Anything Goes (1956) probably didn't kill movie musicals, but it isn't completely innocent either. It has a few Cole Porter songs, a few other songs, a story that has nothing to do with the Broadway musical or earlier film of the same name. It has some appealling stars, and an appalling lack of charm.
Bing Crosby and Donald O'Connor are two stars who agree to do a musical together. Bing is the established name, O'Connor the television crooner beloved by all the bobbysoxers. I guess he's a stand-in for Sinatra, Crosby's traditional nemesis. Although both are insecure egomaniacs, they are also insincere, and agree that the leading lady can be anyone either of them choose. Then they go off on separate European trips.
In England, Bing discovers Mitzi Gaynor and gives her the job. In Paris, O'Connor discovers Zizi Jeanmaire and gives her the job. Then they all get on the ship and sail back to New York. Such is the plot.

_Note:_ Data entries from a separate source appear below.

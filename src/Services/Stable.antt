-- ===== src/Services/Stable.antt =====
-- The arrays of the server: what every decoder and every answer keeps, as long as the code of the
-- application keeps it too.
use cosemlib.Base.{
  ℕ, ◌+◌, ◌<◌, ◌≤◌, ◌≡◌, refl, ◌∙◌, Bool, true, false, Option, none, some, arith, length, List, M,
  pure, ◌==◌, when, if◌then◌else◌, ◌>>=◌, ◌&&&◌, ◌&&>◌, Returns, Returns-bind, Returns-map,
}
use cosemlib.Base.Words.{u32_mod}
use cosemlib.Array
use cosemlib.Array.{Array, Read}
use cosemlib.Array.Bounds.{
  IsValid, Kept, read_u8-Kept, read_u16-Kept, read_u32-Kept, read_buff-Kept,
}
use cosemlib.Services.{
  is_action, is_get, Exchange, Request, on_array, update, take_u8, take_read, take_buff,
}
use cosemlib.Services.Coding.{
  service_of, sel_access_of, set_sel_access, set_additional, is_normal_request, is_next_request,
  selective_access, data_presence, request_body, decode_request,
}

-- A valid array with the header of a response to spare, and six bytes of memory behind it for the copy
-- of `csm_array_read_buff`.
pub record IsRoomy (a : Array) : Type 0 where
  pub valid : IsValid a
  pub header_fits : a.offset + 6 < a.size
  pub spare : a.size + 6 ≤ length a.buff
  pub reach : a.size + 6 < u32_mod

-- The array is as before, but for its indices and its bytes.
pub record Same (a a' : Array) : Type 0 where
  pub roomy : IsRoomy a'
  pub offset_eq : a'.offset ≡ a.offset
  pub size_eq : a'.size ≡ a.size
  pub length_eq : length a'.buff ≡ length a.buff

pub Same-refl : {a : Array} → IsRoomy a → Same a a
Same-refl h = record { roomy = h; offset_eq = refl; size_eq = refl; length_eq = refl }

pub Same-trans : {a b c : Array} → Same a b → Same b c → Same a c
Same-trans h k = record {
  roomy = k.roomy;
  offset_eq = k.offset_eq ∙ h.offset_eq;
  size_eq = k.size_eq ∙ h.size_eq;
  length_eq = k.length_eq ∙ h.length_eq;
}

pub Kept-Same : {a a' : Array} → IsRoomy a → Kept a a' → Same a a'
Kept-Same {a} {a'} h k = record {
  roomy = record {
    valid = k.valid;
    header_fits = omega arith;
    spare = omega arith;
    reach = omega arith;
  };
  offset_eq = k.offset_eq;
  size_eq = k.size_eq;
  length_eq = k.length_eq;
}

pub record Stable {R A : Type 0} (m : M (Exchange R) A) : Type 0 where
  pub run : (s : Exchange R) → IsRoomy s.array → Returns (m s) (λ _ t. Same s.array t.array)

module _ {R : Type 0} where
  pub Stable->>= :
      {A B : Type 0} {m : M (Exchange R) A} {f : A → M (Exchange R) B}
      → Stable m
      → ((x : A) → Stable (f x))
      → Stable (m >>= f)
  Stable->>= {m = m} {f} p q = record {
    run = λ s h.
        Returns-bind (λ _ t. Same s.array t.array) (m s) f (p.run s h)
          (λ x u same.
            Returns-map (λ _ t. Same s.array t.array) (f x u) ((q x).run u same.roomy)
              (λ _ _ same'. Same-trans same same'));
  }

  pub Stable-pure : {A : Type 0} (x : A) → Stable {R = R} (pure x)
  Stable-pure x = record { run = λ s h. Same-refl h }

  pub Stable-if :
      {A : Type 0} (b : Bool) {m k : M (Exchange R) A}
      → Stable m
      → Stable k
      → Stable (if b then m else k)
  Stable-if true p q = p
  Stable-if false p q = q

  pub Stable-&&& : {m k : M (Exchange R) Bool} → Stable m → Stable k → Stable (m &&& k)
  Stable-&&& {m} {k} p q = Stable->>= p (go)
    where
      go : (b : Bool) → Stable (when b k (pure false))
      go true = record { run = λ s h. q.run s h }
      go false = record { run = λ s h. Same-refl h }

  pub Stable-update : (f : R → R) → Stable (update f)
  Stable-update f = record { run = λ s h. Same-refl h }

  pub on_array-Stable :
      {A : Type 0} (m : M Array A)
      → ((a : Array) → IsRoomy a → Returns (m a) (λ _ a'. Kept a a'))
      → Stable {R = R} (on_array m)
  on_array-Stable m k = record { run = λ s h. ground (arith, k s.array h) }

  pub take_u8-Stable : (f : ℕ → R → R) → Stable (take_u8 f)
  take_u8-Stable f = record { run = λ s h. ground (arith, read_u8-Kept h.valid) }

  pub take_u16-Stable : (f : ℕ → R → R) → Stable (take_read Array.read_u16 f)
  take_u16-Stable f = record { run = λ s h. ground (arith, read_u16-Kept h.valid) }

  pub take_u32-Stable : (f : ℕ → R → R) → Stable (take_read Array.read_u32 f)
  take_u32-Stable f = record { run = λ s h. ground (arith, read_u32-Kept h.valid) }

  pub take_obis-Stable : (f : List ℕ → R → R) → Stable (take_buff 6 f)
  take_obis-Stable f = record {
    run = λ s h.
        let reads =
          read_buff-Kept h.valid 6 (omega (arith, h.spare, h.valid))
            (omega (arith, h.reach, h.valid)) in
        ground (arith, reads);
  }

  pub Stable-&&> :
      {A : Type 0} (m : M Array (Option A)) (f : A → M (Exchange R) Bool)
      → ((a : Array) → IsRoomy a → Returns (m a) (λ _ a'. Kept a a'))
      → ((x : A) → Stable (f x))
      → Stable (on_array m &&> f)
  Stable-&&> {A} m f k q = Stable->>= (on_array-Stable m k) (go)
    where
      go :
          (o : Option A)
          → Stable (elim o as (λ x. M (Exchange R) Bool) [ none ↦ pure false | some x ↦ f x ])
      go none = record { run = λ s h. Same-refl h }
      go (some x) = q x

-- `svc_decode_request` keeps the array, if the function of the application does.
module _ {hal : M (Exchange Request) Bool} (selects : Stable hal) where
  selective_access-Stable : Stable (selective_access hal)
  unfolding selective_access
  selective_access-Stable =
      Stable->>= {m = service_of} (record { run = λ s h. Same-refl h })
        (λ service. Stable-if (is_action service) (Stable-pure true) (
          Stable-&&& (take_u8-Stable set_sel_access) (
            Stable->>= {m = sel_access_of} (record { run = λ s h. Same-refl h })
              (λ enable. Stable-if (enable == 0) (Stable-pure true) selects))))

  pub decode_request-Stable : Stable (decode_request hal)
  unfolding decode_request data_presence
  decode_request-Stable =
      let presence : Stable data_presence =
        Stable->>= {m = service_of} (record { run = λ s h. Same-refl h })
          (λ service.
            Stable-if (is_get service) (Stable-pure true) (take_u8-Stable set_additional)) in
      let normal = Stable-&&& (take_u16-Stable _) (
        Stable-&&& (take_obis-Stable _)
          (Stable-&&& (take_u8-Stable _) (Stable-&&& selective_access-Stable presence))) in
      let body : (type : ℕ) → Stable (request_body hal type) = λ type.
        Stable->>= {m = service_of} (record { run = λ s h. Same-refl h })
          (λ service.
            Stable-if (is_normal_request type) normal
              (Stable-if (is_next_request type service) (take_u32-Stable _) (Stable-pure true))) in
      Stable-&&> Array.read_u8 _ (λ a h. read_u8-Kept h.valid)
        (λ type. Stable-&&& (take_u8-Stable _) (body type))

I like Mitzi Gaynor, although she is a little too perky sometimes, like Debbie Reynolds. She can dance, though, unlike Reynolds. Jeanmaire is a ballet dancer of exceptional talent, with a beautiful "line" - her modern dance numbers especially allow her to combine sinuous curves with cubistic angles.

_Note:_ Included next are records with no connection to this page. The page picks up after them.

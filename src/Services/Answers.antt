-- ===== src/Services/Answers.antt =====
-- Every request that the server recognises is answered.
use cosemlib.Base.{
  ℕ, ◌+◌, ◌<◌, ◌≤◌, ◌≡◌, refl, ◌∙◌, Bool, true, false, List, [], ◌∷◌, arith, length, length-splice,
  ltb, Exec, ret, fault, Returns, Returns-map, Bool-cases, inl, inr,
}
use cosemlib.Array.{Array, writer_jump}
use cosemlib.Array.Bounds.{IsValid, Kept}
use cosemlib.Array.Append.{append, append-IsValid, Room, Emits, Emits-&&&, write_u8-Emits}
use cosemlib.Services.{is_action, is_ok, Request, Exchange, DbCode, ok, on_array}
use cosemlib.Services.Server.{
  App, Database, Transfer, response_encoder, response_start, response_tag, return_parameters,
  access_result, finish_answer, response_array, output_window, answer_get, answer_set_or_action,
  or_exception, exception_response_encoder, get_header, rewind,
}
use cosemlib.Services.Stable.{IsRoomy, Same, Same-refl, Same-trans, Kept-Same, Stable}

-- What the database leaves of its output: a window behind the header, in the buffer.
pub record InWindow (t : Transfer) : Type 0 where
  pub offset_eq : t.output.offset ≡ t.input.offset + 6
  pub size_eq : t.output.size ≡ t.input.size
  pub read_in : t.input.offset + t.output.rd_index ≤ t.input.size
  pub fits : t.input.offset + 6 + t.output.wr_index ≤ t.input.size

-- The code of the application keeps the arrays that it is given, and writes only forwards.
pub record Lawful (app : App) (db : Database) : Type 0 where
  pub selects : Stable app.decode_selective_access
  pub in_place :
      (s : Exchange Request)
      → IsRoomy s.array
      → Returns
          (db.in_place s)
          (λ _ t. Same s.array t.array × (s.array.wr_index ≤ t.array.wr_index))
  pub apart :
      (t : Transfer)
      → IsRoomy t.input
      → InWindow t
      → Returns (db.apart t) (λ _ u. Same t.input u.input × InWindow u)

-- The array after a call that wrote forwards.
abbrev Forward : Array → Bool → Array → Type 0
Forward a valid out = Kept a out × (valid ≡ true → a.wr_index ≤ out.wr_index)

Kept-append : (xs : List ℕ) {a : Array} → IsValid a → Room a (length xs) → Kept a (append xs a)
Kept-append xs {a} v room = record {
  valid = append-IsValid xs v room;
  offset_eq = refl;
  size_eq = refl;
  length_eq = length-splice (a.offset + a.wr_index) xs a.buff;
}

Kept-trans : {a b c : Array} → Kept a b → Kept b c → Kept a c
Kept-trans h k = record {
  valid = k.valid;
  offset_eq = k.offset_eq ∙ h.offset_eq;
  size_eq = k.size_eq ∙ h.size_eq;
  length_eq = k.length_eq ∙ h.length_eq;
}

Forward-append :
    (xs : List ℕ) {a : Array} (r : Exec Array Bool)
    → IsValid a
    → Room a (length xs)
    → Returns r (Forward (append xs a))
    → Returns r (Forward a)
Forward-append xs {a} r v room h =
    Returns-map (Forward a) r h
      (λ _ out k. (Kept-trans (Kept-append xs v room) k.0, λ e. omega (arith, k.1 e)))

writer_jump-Forward :
    (n : ℕ) {a : Array}
    → IsValid a
    → a.offset + a.wr_index + n ≤ a.size
    → Returns (writer_jump n a) (Forward a)
unfolding writer_jump
writer_jump-Forward n v h = ground arith

return_parameters-Forward :
    (n : ℕ) {a : Array}
    → IsValid a
    → Room a 2
    → a.offset + a.wr_index + 2 + n ≤ a.size
    → Returns (return_parameters n a) (Forward a)
unfolding return_parameters
return_parameters-Forward n {a} v room fits =
    let valid = append-IsValid (1 ∷ []) v (omega arith) in
    let one = (write_u8-Emits 1).run a v (omega arith) in
    let two = (write_u8-Emits 0).run (append (1 ∷ []) a) valid (omega arith) in
    let valid' = append-IsValid (0 ∷ []) valid (omega arith) in
    elim (Bool-cases (ltb 0 n)) [
      | inl e ↦
          rw (e, one, two)
            (Forward-append (1 ∷ []) _ v (omega arith) (
              Forward-append (0 ∷ []) _ valid (omega arith)
                (writer_jump-Forward n valid' (omega arith))))
      | inr e ↦
          rw (e, (write_u8-Emits 0).run a v (omega arith))
            (Kept-append (0 ∷ []) v (omega arith), λ _. omega arith)
    ]

response_encoder-Forward :
    (r : Request) (code : DbCode) (n : ℕ) {a : Array}
    → IsValid a
    → a.wr_index ≡ 0
    → a.offset + 6 < a.size
    → a.offset + 6 + n ≤ a.size
    → Returns
        (response_encoder r code n a)
        (λ valid out. Kept a out × (valid ≡ true → 3 ≤ out.wr_index))
unfolding response_encoder
response_encoder-Forward r code n {a} v start spare fits =
    let tag = response_tag r.db_request.service in
    let first = tag ∷ 1 ∷ r.sender_invoke_id ∷ [] in
    let header : Emits (response_start r) first =
      Emits-&&& (write_u8-Emits tag) (Emits-&&& (write_u8-Emits 1) (write_u8-Emits _)) in
    let second = access_result code ∷ [] in
    let valid = append-IsValid first v (omega arith) in
    let valid' = append-IsValid second valid (omega arith) in
    let four = append second (append first a) in
    let back : Kept a four =
      Kept-trans (Kept-append first v (omega arith)) (Kept-append second valid (omega arith)) in
    rw
      (
        header.run a v (omega arith),
        (write_u8-Emits (access_result code)).run (append first a) valid (omega arith),
      )
      (elim (Bool-cases (is_action r.db_request.service)) [
        | inl e ↦ rw e (
            Returns-map (λ valid out. Kept a out × (valid ≡ true → 3 ≤ out.wr_index))
              (return_parameters n four)
              (return_parameters-Forward n valid' (omega arith) (omega arith))
              (λ _ out h. (Kept-trans back h.0, λ f. omega (arith, h.1 f))))
        | inr e ↦ rw e (back, λ _. omega arith)
      ])

abbrev Finished : Transfer → DbCode → Exchange Request → Type 0
Finished u c s = Same u.input s.array × (is_ok c ≡ true → 3 ≤ s.array.wr_index)

finish_answer-Finished :
    (code : DbCode) (u : Transfer)
    → IsRoomy u.input
    → InWindow u
    → Returns (finish_answer code u) (Finished u)
unfolding finish_answer
finish_answer-Finished code u h w =
    let valid : IsValid (response_array u) = ground arith in
    let run =
      response_encoder-Forward u.message code u.output.wr_index valid refl (omega arith)
        (omega arith) in
    ground (arith, run)

-- Whatever went wrong, the answer is the exception response, from the first byte of the array on, and
-- the code is that of success.
pub or_exception-failure :
    (code : DbCode) (s : Exchange Request)
    → IsRoomy s.array
    → is_ok code ≡ false
    → or_exception code s
      ≡ ret ok (record {
        message = s.message;
        array = append (216 ∷ 1 ∷ 1 ∷ []) (record s.array { wr_index = 0 });
      })
unfolding or_exception rewind exception_response_encoder
or_exception-failure code s h e =
    let emits = Emits-&&& (write_u8-Emits 216) (Emits-&&& (write_u8-Emits 1) (write_u8-Emits 1)) in
    let valid : IsValid (record s.array { wr_index = 0 }) = ground (arith, h.valid) in
    rw (e, on_array, emits.run (record s.array { wr_index = 0 }) valid (omega (arith, h))) refl

rewound-Same :
    (xs : List ℕ) {a : Array}
    → IsRoomy a
    → a.offset + length xs < a.size
    → Same a (append xs (record a { wr_index = 0 }))
rewound-Same xs {a} h fits =
    let valid : IsValid (record a { wr_index = 0 }) = ground (arith, h.valid) in
    let kept = Kept-append xs valid (omega arith) in
    Kept-Same h
      (record { valid = kept.valid; offset_eq = refl; size_eq = refl; length_eq = kept.length_eq })

abbrev pub Answered : Array → DbCode → Exchange Request → Type 0
Answered a c t = Same a t.array × (is_ok c ≡ true) × (3 ≤ t.array.wr_index)

pub or_exception-Answered :
    (code : DbCode) (s : Exchange Request)
    → IsRoomy s.array
    → (is_ok code ≡ true → 3 ≤ s.array.wr_index)
    → Returns (or_exception code s) (Answered s.array)
unfolding or_exception
or_exception-Answered code s h k = elim (Bool-cases (is_ok code)) [
  | inl e ↦ rw e (Same-refl h, e, k e)
  | inr e ↦
      rw (or_exception-failure code s h e)
        (rewound-Same (216 ∷ 1 ∷ 1 ∷ []) h (omega (arith, h.header_fits)), refl, omega arith)
]

finished :
    (a : Array) (r : Exec Transfer DbCode)
    → Returns r (λ _ u. Same a u.input × InWindow u)
    → Returns
        (elim r as (λ _. Exec (Exchange Request) DbCode) [
          | ret code t ↦ finish_answer code t
          | fault ↦ fault
        ])
        (λ c t. Same a t.array × (is_ok c ≡ true → 3 ≤ t.array.wr_index))
finished a (ret code u) h =
    Returns-map (λ c t. Same a t.array × (is_ok c ≡ true → 3 ≤ t.array.wr_index))
      (finish_answer code u) (finish_answer-Finished code u h.0.roomy h.1)
      (λ c t k. (Same-trans h.0 k.0, k.1))
finished a fault h = h

module _ {app : App} {db : Database} (laws : Lawful app db) where
  pub answer_get-Finished :
      (s : Exchange Request)
      → IsRoomy s.array
      → Returns
          (answer_get db s)
          (λ c t. Same s.array t.array × (is_ok c ≡ true → 3 ≤ t.array.wr_index))
  unfolding answer_get rewind get_header
  answer_get-Finished s h =
      let invoke = s.message.sender_invoke_id in
      let header = 196 ∷ 1 ∷ invoke ∷ 0 ∷ [] in
      let emits : Emits (get_header s.message) header =
        Emits-&&& (write_u8-Emits 196)
          (Emits-&&& (write_u8-Emits 1) (Emits-&&& (write_u8-Emits invoke) (write_u8-Emits 0))) in
      let start = record s.array { wr_index = 0 } in
      let valid : IsValid start = ground (arith, h.valid) in
      let same = rewound-Same header h (omega (arith, h.header_fits)) in
      let u : Exchange Request = record { message = s.message; array = append header start } in
      rw (on_array, emits.run start valid (omega (arith, h.header_fits)))
        (Returns-map (λ c t. Same s.array t.array × (is_ok c ≡ true → 3 ≤ t.array.wr_index))
          (db.in_place u) (laws.in_place u same.roomy)
          (λ c t k. (Same-trans same k.0, λ _. omega (arith, k.1))))

  pub answer_set_or_action-Finished :
      (s : Exchange Request)
      → IsRoomy s.array
      → Returns
          (answer_set_or_action db s)
          (λ c t. Same s.array t.array × (is_ok c ≡ true → 3 ≤ t.array.wr_index))
  unfolding answer_set_or_action
  answer_set_or_action-Finished s h =
      let t : Transfer = record {
        message = s.message;
        input = s.array;
        output = output_window s.array;
      } in
      let run = laws.apart t h (ground (arith, h)) in finished s.array (db.apart t) run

On the other hand, the songs are pretty limp, and the dance numbers with Bing or O'Connor are not very inspired. This is pretty disappointing, because O'Connor is a great dancer, as anyone who has seen Singing in the Rain knows. He really didn't get a lot of chances to show it, and this film is not exception.
So, two annoying male leads, some lackluster songs and a few great dance numbers, especially those involving Jeanmaire. Maybe this movie didn't kill the musical, but you can see the musical dying in it.
In conclusion, guess what they used as a substitute for "cocaine" in "I Get a Kick Out of You"? Hint: If you took one little whiff, it would bore you terrifically too.